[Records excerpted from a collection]
┄┄┄┄┄┄┄┄┄┄

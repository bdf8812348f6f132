-- ===== src/Ui/Tabs/Closing.antt =====
-- What closing tabs does to the others.
use tui_ssh_client.Prelude.{
  ℕ, zero, suc, ◌≡◌, refl, sym, ◌∙◌, ap, List, [], ◌∷◌, ◌++◌, Option, none, some, arith, ltb, ◌==◌,
  length, length-set, length-remove_at, get_elem?, set, remove_at, inl, inr, Bool-cases,
  Option-cases, get_elem?-lt,
}
use tui_ssh_client.Prelude.Int.{ℤ, pos, negsuc}
use tui_ssh_client.Ui.Terminal.{SessionId}
use tui_ssh_client.Ui.State.{Tab, App, RightMode, right_terminal}
use tui_ssh_client.Ui.Tabs.{
  close_tab, close_at, release, after_close, leave_terminal, quiet, close_last,
  teardown_all_sessions, sync_sidebar_markers, close_session,
}

-- The sessions of a strip, in its order.
abbrev pub sessions : List Tab → List SessionId
sessions [] = []
sessions (t ∷ ts) = close_session t.session (sessions ts)

sessions-set :
    (ts : List Tab) (i : ℕ) (t v : Tab)
    → get_elem? ts i ≡ some t
    → v.session ≡ t.session
    → sessions (set ts i v) ≡ sessions ts
sessions-set [] i t v e s = absurd (cc)
sessions-set (u ∷ ts) zero t v e s = let same : u ≡ t = ground (arith, e) in rw (same, s) refl
sessions-set (u ∷ ts) (suc i) t v e s = ap (close_session u.session) (sessions-set ts i t v e s)

quiet-sessions : (ts : List Tab) (i : ℕ) → sessions (quiet ts i (get_elem? ts i)) ≡ sessions ts
unfolding quiet
quiet-sessions ts i = elim (Option-cases (get_elem? ts i)) [
  | inl e ↦ rw (e, quiet) refl
  | inr (t, e) ↦ rw (e, quiet) (sessions-set ts i t _ e refl)
]

quiet-length : (ts : List Tab) (i : ℕ) → length (quiet ts i (get_elem? ts i)) ≡ length ts
unfolding quiet
quiet-length ts i = elim (Option-cases (get_elem? ts i)) [
  | inl e ↦ rw (e, quiet) refl
  | inr (t, e) ↦ rw (e, quiet) (length-set ts i _)
]

leave_terminal-same :
    (a : App) (m : RightMode)
    → ((leave_terminal a m).tabs ≡ a.tabs) × ((leave_terminal a m).closed ≡ a.closed)
unfolding leave_terminal
leave_terminal-same a right_terminal = (refl, refl)
leave_terminal-same a _ = (refl, refl)

-- What is left of the strip, as far as its sessions and its length go.
abbrev Left : App → App → List Tab → Type 0
Left a b ts = (sessions b.tabs ≡ sessions ts) × (length b.tabs ≡ length ts) × (b.closed ≡ a.closed)

after_close-Left : (a : App) (i : ℕ) (ts : List Tab) (k : ℤ) → Left a (after_close a i ts k) ts
unfolding after_close
after_close-Left a i [] k =
    let (t, c) = leave_terminal-same (record a { tabs = []; active = negsuc 0 }) a.right_mode in
    (ap sessions t, ap length t, c)
after_close-Left a i (t ∷ ts) (negsuc n) = (refl, refl, refl)
after_close-Left a i (t ∷ ts) (pos k) = elim (Bool-cases (ltb i k)) [
  | inl e ↦ rw e (refl, refl, refl)
  | inr e ↦ rw e (elim (Bool-cases (k == i)) [
    | inl f ↦ rw f (quiet-sessions (t ∷ ts) _, quiet-length (t ∷ ts) _, refl)
    | inr f ↦ rw f (refl, refl, refl)
  ])
]

close_tab-Left :
    (a : App) (i : ℕ) (t : Tab)
    → get_elem? a.tabs i ≡ some t
    → Left (release a t) (close_tab a (pos i)) (remove_at i a.tabs)
unfolding close_tab close_at sync_sidebar_markers
close_tab-Left a i t e =
    rw (e, close_at) (after_close-Left (release a t) i (remove_at i a.tabs) a.active)

close_session-append :
    (o : Option SessionId) (xs cs : List SessionId)
    → close_session o xs ++ cs ≡ close_session o (xs ++ cs)
close_session-append none xs cs = refl
close_session-append (some s) xs cs = refl

-- The last tab of a strip.
sessions-last :
    (ts : List Tab) (n : ℕ) (t : Tab)
    → get_elem? ts n ≡ some t
    → length ts ≡ suc n
    → (cs : List SessionId)
    → sessions (remove_at n ts) ++ close_session t.session cs ≡ sessions ts ++ cs
sessions-last [] n t e l cs = absurd (cc)
sessions-last (u ∷ []) zero t e l cs =
    let same : u ≡ t = ground (arith, e) in rw same (sym (close_session-append t.session [] cs))
sessions-last (u ∷ (v ∷ ts)) zero t e l cs = absurd (omega arith)
sessions-last (u ∷ ts) (suc n) t e l cs =
    close_session-append u.session (sessions (remove_at n ts)) (close_session t.session cs)
    ∙ (ap (close_session u.session) (sessions-last ts n t e (omega arith) cs)
        ∙ sym (close_session-append u.session (sessions ts) cs))

no_tabs : (ts : List Tab) → length ts ≡ 0 → ts ≡ []
no_tabs [] e = refl
no_tabs (t ∷ ts) e = absurd (omega arith)

close_last-all :
    (n : ℕ) (a : App)
    → length a.tabs ≡ n
    → ((close_last n a).tabs ≡ []) × ((close_last n a).closed ≡ sessions a.tabs ++ a.closed)
unfolding close_last
close_last-all zero a e = let none_left = no_tabs a.tabs e in (none_left, rw none_left refl)
close_last-all (suc n) a e =
    let (t, at) = get_elem?-lt a.tabs n (omega arith) in
    let (s, l, c) = close_tab-Left a n t at in
    let (rest, shut) =
      close_last-all n (close_tab a (pos n))
        (omega (arith, l, length-remove_at n a.tabs (omega arith))) in
    (
      rest,
      shut
          ∙ (ap (λ x. x ++ (close_tab a (pos n)).closed) s
              ∙ (ap (λ x. sessions (remove_at n a.tabs) ++ x) c
                  ∙ sessions-last a.tabs n t at e a.closed)),
    )

-- Quitting leaves no tab open, and calls Close on the session of every tab that has one, once each
-- and on nothing else: the list of closed sessions grows by those of the strip.
teardown_closes_all :
    (a : App)
    → ((teardown_all_sessions a).tabs ≡ [])
      × ((teardown_all_sessions a).closed ≡ sessions a.tabs ++ a.closed)
unfolding teardown_all_sessions
teardown_closes_all a = close_last-all (length a.tabs) a refl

┄┄┄┄┄┄┄┄┄┄

* _About this exercise_
From beginning to end, the data must be duplicated exactly.

* _Result for this exercise_
repository bdf8812348f6f132
-- ===== src/Ui/Tabs/Closing.antt =====
-- What closing tabs does to the others.
use tui_ssh_client.Prelude.{
  ℕ, zero, suc, ◌≡◌, refl, sym, ◌∙◌, ap, List, [], ◌∷◌, ◌++◌, Option, none, some, arith, ltb, ◌==◌,
  length, length-set, length-remove_at, get_elem?, set, remove_at, inl, inr, Bool-cases,
  Option-cases, get_elem?-lt,
}
use tui_ssh_client.Prelude.Int.{ℤ, pos, negsuc}
use tui_ssh_client.Ui.Terminal.{SessionId}
use tui_ssh_client.Ui.State.{Tab, App, RightMode, right_terminal}
use tui_ssh_client.Ui.Tabs.{
  close_tab, close_at, release, after_close, leave_terminal, quiet, close_last,
  teardown_all_sessions, sync_sidebar_markers, close_session,
}

-- The sessions of a strip, in its order.
abbrev pub sessions : List Tab → List SessionId
sessions [] = []
sessions (t ∷ ts) = close_session t.session (sessions ts)

sessions-set :
    (ts : List Tab) (i : ℕ) (t v : Tab)
    → get_elem? ts i ≡ some t
    → v.session ≡ t.session
    → sessions (set ts i v) ≡ sessions ts
sessions-set [] i t v e s = absurd (cc)
sessions-set (u ∷ ts) zero t v e s = let same : u ≡ t = ground (arith, e) in rw (same, s) refl
sessions-set (u ∷ ts) (suc i) t v e s = ap (close_session u.session) (sessions-set ts i t v e s)

quiet-sessions : (ts : List Tab) (i : ℕ) → sessions (quiet ts i (get_elem? ts i)) ≡ sessions ts
unfolding quiet
quiet-sessions ts i = elim (Option-cases (get_elem? ts i)) [
  | inl e ↦ rw (e, quiet) refl
  | inr (t, e) ↦ rw (e, quiet) (sessions-set ts i t _ e refl)
]

quiet-length : (ts : List Tab) (i : ℕ) → length (quiet ts i (get_elem? ts i)) ≡ length ts
unfolding quiet
quiet-length ts i = elim (Option-cases (get_elem? ts i)) [
  | inl e ↦ rw (e, quiet) refl
  | inr (t, e) ↦ rw (e, quiet) (length-set ts i _)
]

leave_terminal-same :
    (a : App) (m : RightMode)
    → ((leave_terminal a m).tabs ≡ a.tabs) × ((leave_terminal a m).closed ≡ a.closed)
unfolding leave_terminal
leave_terminal-same a right_terminal = (refl, refl)
leave_terminal-same a _ = (refl, refl)

-- What is left of the strip, as far as its sessions and its length go.
abbrev Left : App → App → List Tab → Type 0
Left a b ts = (sessions b.tabs ≡ sessions ts) × (length b.tabs ≡ length ts) × (b.closed ≡ a.closed)

after_close-Left : (a : App) (i : ℕ) (ts : List Tab) (k : ℤ) → Left a (after_close a i ts k) ts
unfolding after_close
after_close-Left a i [] k =
    let (t, c) = leave_terminal-same (record a { tabs = []; active = negsuc 0 }) a.right_mode in
    (ap sessions t, ap length t, c)
after_close-Left a i (t ∷ ts) (negsuc n) = (refl, refl, refl)
after_close-Left a i (t ∷ ts) (pos k) = elim (Bool-cases (ltb i k)) [
  | inl e ↦ rw e (refl, refl, refl)
  | inr e ↦ rw e (elim (Bool-cases (k == i)) [
    | inl f ↦ rw f (quiet-sessions (t ∷ ts) _, quiet-length (t ∷ ts) _, refl)
    | inr f ↦ rw f (refl, refl, refl)
  ])
]

close_tab-Left :
    (a : App) (i : ℕ) (t : Tab)
    → get_elem? a.tabs i ≡ some t
    → Left (release a t) (close_tab a (pos i)) (remove_at i a.tabs)
unfolding close_tab close_at sync_sidebar_markers
close_tab-Left a i t e =
    rw (e, close_at) (after_close-Left (release a t) i (remove_at i a.tabs) a.active)

close_session-append :
    (o : Option SessionId) (xs cs : List SessionId)
    → close_session o xs ++ cs ≡ close_session o (xs ++ cs)
close_session-append none xs cs = refl
close_session-append (some s) xs cs = refl

-- The last tab of a strip.
sessions-last :
    (ts : List Tab) (n : ℕ) (t : Tab)
    → get_elem? ts n ≡ some t
    → length ts ≡ suc n
    → (cs : List SessionId)
    → sessions (remove_at n ts) ++ close_session t.session cs ≡ sessions ts ++ cs
sessions-last [] n t e l cs = absurd (cc)
sessions-last (u ∷ []) zero t e l cs =
    let same : u ≡ t = ground (arith, e) in rw same (sym (close_session-append t.session [] cs))
sessions-last (u ∷ (v ∷ ts)) zero t e l cs = absurd (omega arith)
sessions-last (u ∷ ts) (suc n) t e l cs =
    close_session-append u.session (sessions (remove_at n ts)) (close_session t.session cs)
    ∙ (ap (close_session u.session) (sessions-last ts n t e (omega arith) cs)
        ∙ sym (close_session-append u.session (sessions ts) cs))

no_tabs : (ts : List Tab) → length ts ≡ 0 → ts ≡ []
no_tabs [] e = refl
no_tabs (t ∷ ts) e = absurd (omega arith)

close_last-all :
    (n : ℕ) (a : App)
    → length a.tabs ≡ n
    → ((close_last n a).tabs ≡ []) × ((close_last n a).closed ≡ sessions a.tabs ++ a.closed)
unfolding close_last
close_last-all zero a e = let none_left = no_tabs a.tabs e in (none_left, rw none_left refl)
close_last-all (suc n) a e =
    let (t, at) = get_elem?-lt a.tabs n (omega arith) in
    let (s, l, c) = close_tab-Left a n t at in
    let (rest, shut) =
      close_last-all n (close_tab a (pos n))
        (omega (arith, l, length-remove_at n a.tabs (omega arith))) in
    (
      rest,
      shut
          ∙ (ap (λ x. x ++ (close_tab a (pos n)).closed) s
              ∙ (ap (λ x. sessions (remove_at n a.tabs) ++ x) c
                  ∙ sessions-last a.tabs n t at e a.closed)),
    )

-- Quitting leaves no tab open, and calls Close on the session of every tab that has one, once each
-- and on nothing else: the list of closed sessions grows by those of the strip.
teardown_closes_all :
    (a : App)
    → ((teardown_all_sessions a).tabs ≡ [])
      × ((teardown_all_sessions a).closed ≡ sessions a.tabs ++ a.closed)
unfolding teardown_all_sessions
teardown_closes_all a = close_last-all (length a.tabs) a refl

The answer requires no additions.